P/Q-type Ca++ CP α1A Le plasmide d'activation CRISPR (h) est un système SAM (synergistic activation mediator) à trois plasmides conçu pour une régulation à la hausse hautement efficace et spécifique du locus CACNA1A dans des lignées cellulaires humaines. Le système s'articule autour d'une Cas9 catalytiquement inactive (dCas9) portant deux mutations inactivantes (D10A et N863A) qui éliminent l'activité nucléase tout en préservant la liaison à l'ADN. Cette dCas9 est fusionnée à VP64, un puissant activateur transcriptionnel, et est co-exprimée avec un gène de résistance à la blasticidine pour la sélection. Le deuxième plasmide code pour la protéine de fusion MS2-p65-HSF1, un complexe activateur secondaire qui agit de concert avec dCas9-VP64, ainsi qu'un gène de résistance à l'hygromycine. Le troisième plasmide code pour un ARN guide (sgRNA) de 20 nt spécifique de la cible, fusionné à deux aptamères d'ARN MS2 qui recrutent le complexe MS2-p65-HSF1 vers le site d'activation, accompagné d'un gène de résistance à la puromycine. Les trois plasmides sont délivrés dans un rapport massique de 1:1:1 pour une expression équilibrée de tous les composants du système.

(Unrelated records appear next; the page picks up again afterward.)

-- ===== src/Sip/Negotiation/Answer.antt =====
-- internal/sip/sip_handler.go: a negotiated stream is one the offer contains.
use tele_portal.Audio.Codec.{
  Codec, CodecName, Stream, l16, new_codec_g711_a_law, new_codec_g711_mu_law, new_codec_l16, opus,
  pass, pcma, pcmu, same_name, unnamed,
}
use tele_portal.Call.Processor.Delivery.{offer}
use tele_portal.Common.{
  Bool, Bool-cases, List, Option, Option-cases, [], arith, false, inl, inr, none, refl, some, subst,
  suc, true, zero, ℕ, ◌||◌, ◌∙◌, ◌∷◌, ◌≡◌, ◌≤◌, ◌⊎◌,
}
use tele_portal.Common.Int.{negsuc, pos, ℤ}
use tele_portal.Common.Result.{Result-cases, err-ok, ok, ok-inj}
use tele_portal.Common.Text.{Text, atoi, codes, itoa, same_text}
use tele_portal.Sip.Negotiation.{
  Choice, choose, clamp, conclude, dtmf_type, l16_codec, l16_pass, l16_strict, negotiate_stream,
  nothing_yet, stream_of, take_l16, try_l16, try_static,
}
use tele_portal.Sip.Offer.{
  Attribute, DynamicType, MediaDescription, SessionDescription, audio_media, get_dynamic_pt,
  has_format, ptime_of, ptime_value,
}

-- The codecs a configured codec of the WebSocket accepts on the SIP side.
unfoldable pub suits : CodecName → CodecName → Bool
suits pass name = same_name name l16 || (same_name name pcmu || same_name name pcma)
suits l16 name = same_name name l16 || (same_name name pcmu || same_name name pcma)
suits pcmu name = same_name name pcmu
suits pcma name = same_name name pcma
suits _ name = false

-- What a loop over the formats leaves behind: a codec that was found is acceptable and listed.
abbrev IsListed : CodecName → MediaDescription → Choice → Type 0
IsListed ws m c =
    c.found ≡ true
    → (has_format c.codec.payload_type m.formats ≡ true) × (suits ws c.codec.name ≡ true)

nothing_yet-IsListed : (ws : CodecName) → (m : MediaDescription) → IsListed ws m nothing_yet
unfolding nothing_yet
nothing_yet-IsListed ws m = ground arith

new_codec_l16-ok :
    (pt rate channels : ℕ)
    → (big signed : Bool) → (c : Codec) → new_codec_l16 pt rate channels big signed ≡ ok c
    → (c.payload_type ≡ pt) × (c.name ≡ l16)
unfolding new_codec_l16
new_codec_l16-ok pt rate channels big signed c = ground arith

try_static-IsListed :
    (ws : CodecName)
    → (m : MediaDescription) → (codec : Codec) → (c : Choice) → suits ws codec.name ≡ true
    → IsListed ws m c
    → IsListed ws m (try_static codec m c)
try_static-IsListed ws m codec c fits h = elim (Bool-cases c.found) [
  | inl e ↦ rw e λ _. h e
  | inr e ↦ rw e elim (Bool-cases (has_format codec.payload_type m.formats)) [
    | inl g ↦ rw g λ _. (g, fits)
    | inr g ↦ rw g λ i. h (e ∙ i)
  ]
]

take_l16-IsListed :
    (ws : CodecName)
    → (m : MediaDescription) → (d : DynamicType) → (c : Choice) → suits ws l16 ≡ true
    → has_format d.payload_type m.formats ≡ true
    → c.found ≡ false
    → IsListed ws m (take_l16 (l16_codec d) c)
take_l16-IsListed ws m d c fits listed none_yet = elim (Result-cases (l16_codec d)) [
  | inl (codec, e) ↦
      let (pt, name) =
        new_codec_l16-ok d.payload_type (clamp d.rate) (clamp d.channels) true true codec e in
      rw e λ _. (rw pt listed, rw name fits)
  | inr (x, e) ↦ rw e ground arith
]

l16_strict-IsListed :
    (ws : CodecName)
    → (m : MediaDescription) → (d : DynamicType) → suits ws l16 ≡ true
    → (fs : List Text) → (c : Choice) → c.found ≡ false
    → (has_format d.payload_type fs ≡ true → has_format d.payload_type m.formats ≡ true)
    → IsListed ws m (l16_strict d fs c)
unfolding l16_strict has_format
l16_strict-IsListed ws m d fits [] c none_yet sub = ground arith
l16_strict-IsListed ws m d fits (f ∷ fs) c none_yet sub =
    elim (Bool-cases (same_text f (itoa d.payload_type))) [
      | inl e ↦ rw e (take_l16-IsListed ws m d c fits (sub (rw e refl)) none_yet)
      | inr e ↦ rw e (l16_strict-IsListed ws m d fits fs c none_yet (λ g. sub (rw e g)))
    ]

l16_pass-IsListed :
    (ws : CodecName)
    → (m : MediaDescription) → (d : DynamicType) → suits ws l16 ≡ true
    → (fs : List Text) → (c : Choice) → c.found ≡ false
    → (has_format d.payload_type fs ≡ true → has_format d.payload_type m.formats ≡ true)
    → IsListed ws m (l16_pass d fs c)
unfolding l16_pass has_format
l16_pass-IsListed ws m d fits [] c none_yet sub = ground arith
l16_pass-IsListed ws m d fits (f ∷ fs) c none_yet sub =
    elim (Bool-cases (same_text f (itoa d.payload_type))) [
      | inl e ↦ elim (Bool-cases (take_l16 (l16_codec d) c).found) [
        | inl g ↦ rw (e, g) (take_l16-IsListed ws m d c fits (sub (rw e refl)) none_yet)
        | inr g ↦
            rw (e, g)
              (l16_pass-IsListed ws m d fits fs (take_l16 (l16_codec d) c) g (λ i. sub (rw e refl)))
      ]
      | inr e ↦ rw e (l16_pass-IsListed ws m d fits fs c none_yet (λ g. sub (rw e g)))
    ]

try_l16-IsListed :
    (ws : CodecName)
    → (m : MediaDescription) → (loop : DynamicType → List Text → Choice → Choice)
    → ((d : DynamicType) → IsListed ws m (loop d m.formats nothing_yet))
    → IsListed ws m (try_l16 loop m nothing_yet)
try_l16-IsListed ws m loop h = elim (Option-cases (get_dynamic_pt (codes "L16") m.attributes)) [
  | inr (d, e) ↦ rw (e, try_l16) (h d)
  | inl e ↦ rw (e, try_l16) (nothing_yet-IsListed ws m)
]

both-IsListed :
    (ws : CodecName)
    → (m : MediaDescription) → (c : Choice) → suits ws pcmu ≡ true
    → suits ws pcma ≡ true
    → IsListed ws m c
    → IsListed ws m (try_static new_codec_g711_a_law m (try_static new_codec_g711_mu_law m c))
unfolding new_codec_g711_a_law new_codec_g711_mu_law
both-IsListed ws m c mu a h =
    try_static-IsListed ws m new_codec_g711_a_law (try_static new_codec_g711_mu_law m c) a
      (try_static-IsListed ws m new_codec_g711_mu_law c mu h)

choose-IsListed : (ws : CodecName) → (m : MediaDescription) → IsListed ws m (choose ws m)
unfolding choose suits new_codec_g711_a_law new_codec_g711_mu_law nothing_yet
choose-IsListed pass m = both-IsListed pass m (try_l16 l16_pass m nothing_yet) refl refl (
    try_l16-IsListed pass m l16_pass
      (λ d. l16_pass-IsListed pass m d refl m.formats nothing_yet refl (λ g. g)))
choose-IsListed l16 m = both-IsListed l16 m (try_l16 l16_strict m nothing_yet) refl refl (
    try_l16-IsListed l16 m l16_strict
      (λ d. l16_strict-IsListed l16 m d refl m.formats nothing_yet refl (λ g. g)))
choose-IsListed pcmu m =
    try_static-IsListed pcmu m new_codec_g711_mu_law nothing_yet refl (nothing_yet-IsListed pcmu m)
choose-IsListed pcma m =
    try_static-IsListed pcma m new_codec_g711_a_law nothing_yet refl (nothing_yet-IsListed pcma m)
choose-IsListed opus m = nothing_yet-IsListed opus m
choose-IsListed unnamed m = nothing_yet-IsListed unnamed m

ptime_value-pos : (o : Option ℤ) → 1 ≤ ptime_value o
ptime_value-pos none = omega arith
ptime_value-pos (some (negsuc n)) = omega arith
ptime_value-pos (some (pos zero)) = omega arith
ptime_value-pos (some (pos (suc n))) = omega arith

pub ptime_of-pos : (as' : List Attribute) → 1 ≤ ptime_of as'
unfolding ptime_of
ptime_of-pos [] = omega arith
ptime_of-pos (a ∷ as') = elim (Bool-cases (same_text a.key (codes "ptime"))) [
  | inl e ↦ rw e (ptime_value-pos (atoi a.value))
  | inr e ↦ rw e (ptime_of-pos as')
]

dtmf_type-listed :
    (m : MediaDescription) → (dtmf_type m ≡ 0) ⊎ (has_format (dtmf_type m) m.formats ≡ true)
unfolding dtmf_type
dtmf_type-listed m = elim (Option-cases (get_dynamic_pt (codes "telephone-event") m.attributes)) [
  | inl e ↦ rw (e, dtmf_type) (inl refl)
  | inr (d, e) ↦
      rw (e, dtmf_type)
        (elim (Bool-cases (has_format d.payload_type m.formats)) [
          | inl g ↦ rw g (inr g)
          | inr g ↦ rw g (inl refl)
        ])
]

-- What a caller of `negotiateStream` relies on.
pub record IsAnswer (ws : CodecName) (m : MediaDescription) (s : Stream) : Type 0 where
  pub codec_listed : has_format s.codec.payload_type m.formats ≡ true
  pub codec_suits : suits ws s.codec.name ≡ true
  pub ptime_positive : 1 ≤ s.ptime
  pub dtmf_listed : (s.dtmf_payload_type ≡ 0) ⊎ (has_format s.dtmf_payload_type m.formats ≡ true)

answer :
    (ws : CodecName)
    → (m : MediaDescription) → (c : Choice) → IsListed ws m c
    → c.found ≡ true
    → IsAnswer ws m (stream_of m c)
answer ws m c h e = record {
  codec_listed = (h e).0;
  codec_suits = (h e).1;
  ptime_positive = ptime_of-pos m.attributes;
  dtmf_listed = dtmf_type-listed m;
}

conclude-IsAnswer :
    (ws : CodecName)
    → (m : MediaDescription) → (c : Choice) → IsListed ws m c
    → (s : Stream) → conclude m c ≡ ok s
    → IsAnswer ws m s
conclude-IsAnswer ws m c h s e = elim (Bool-cases c.found) [
  | inr f ↦ absurd (err-ok (rw f at e))
  | inl f ↦ elim (Option-cases c.error) [
    | inl none_left ↦
        subst (λ x. IsAnswer ws m x) (ok-inj (rw (f, none_left) at e)) (answer ws m c h f)
    | inr (x, g) ↦ absurd (err-ok (rw (f, g) at e))
  ]
]

-- For every configured codec and every offer, with or without audio: a stream that is negotiated
-- is an answer to the first audio media. Its payload type is among the formats that are offered,
-- its codec can serve the configured one, its packet time is at least 1, and its telephone-event
-- type is 0 or among the formats as well.
pub negotiate_stream-IsAnswer :
    (ws : CodecName)
    → (offer : SessionDescription) → (s : Stream) → negotiate_stream ws offer ≡ ok s
    → (m : MediaDescription) × (audio_media offer.media_descriptions ≡ some m) × IsAnswer ws m s
unfolding negotiate_stream
negotiate_stream-IsAnswer ws offer s e =
    elim (Option-cases (audio_media offer.media_descriptions)) [
      | inl g ↦ absurd (err-ok (rw (g, negotiate_stream) at e))
      | inr (m, g) ↦ (
        m,
        g,
        conclude-IsAnswer ws m (choose ws m) (choose-IsListed ws m) s
            (rw (g, negotiate_stream) at e),
      )
    ]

Une fois assemblé au locus cible, le complexe SAM se lie à environ 200 pb en amont du site de départ de la transcription CACNA1A, où VP64, p65 et HSF1 agissent de concert pour recruter la machinerie transcriptionnelle et induire une régulation à la hausse de l'expression endogène de P/Q-type Ca++ CP α1A. Contrairement à Cas9, qui possède une activité nucléase, dCas9 n'introduit pas de cassures double brin ni ne modifie la séquence génomique, préservant ainsi le locus CACNA1A natif et permettant l'étude des réponses transcriptionnelles dépendantes de P/Q-type Ca++ CP α1A au niveau du locus endogène, ce qui en fait un outil précieux pour les études fonctionnelles, l'identification de gènes cibles et la modélisation de la restauration de la voie P/Q-type Ca++ CP α1A dans les cellules tumorales présentant une expression de CACNA1A silencée ou réduite.
Réservé à la recherche. N'est pas destiné à un usage diagnostique ou thérapeutique.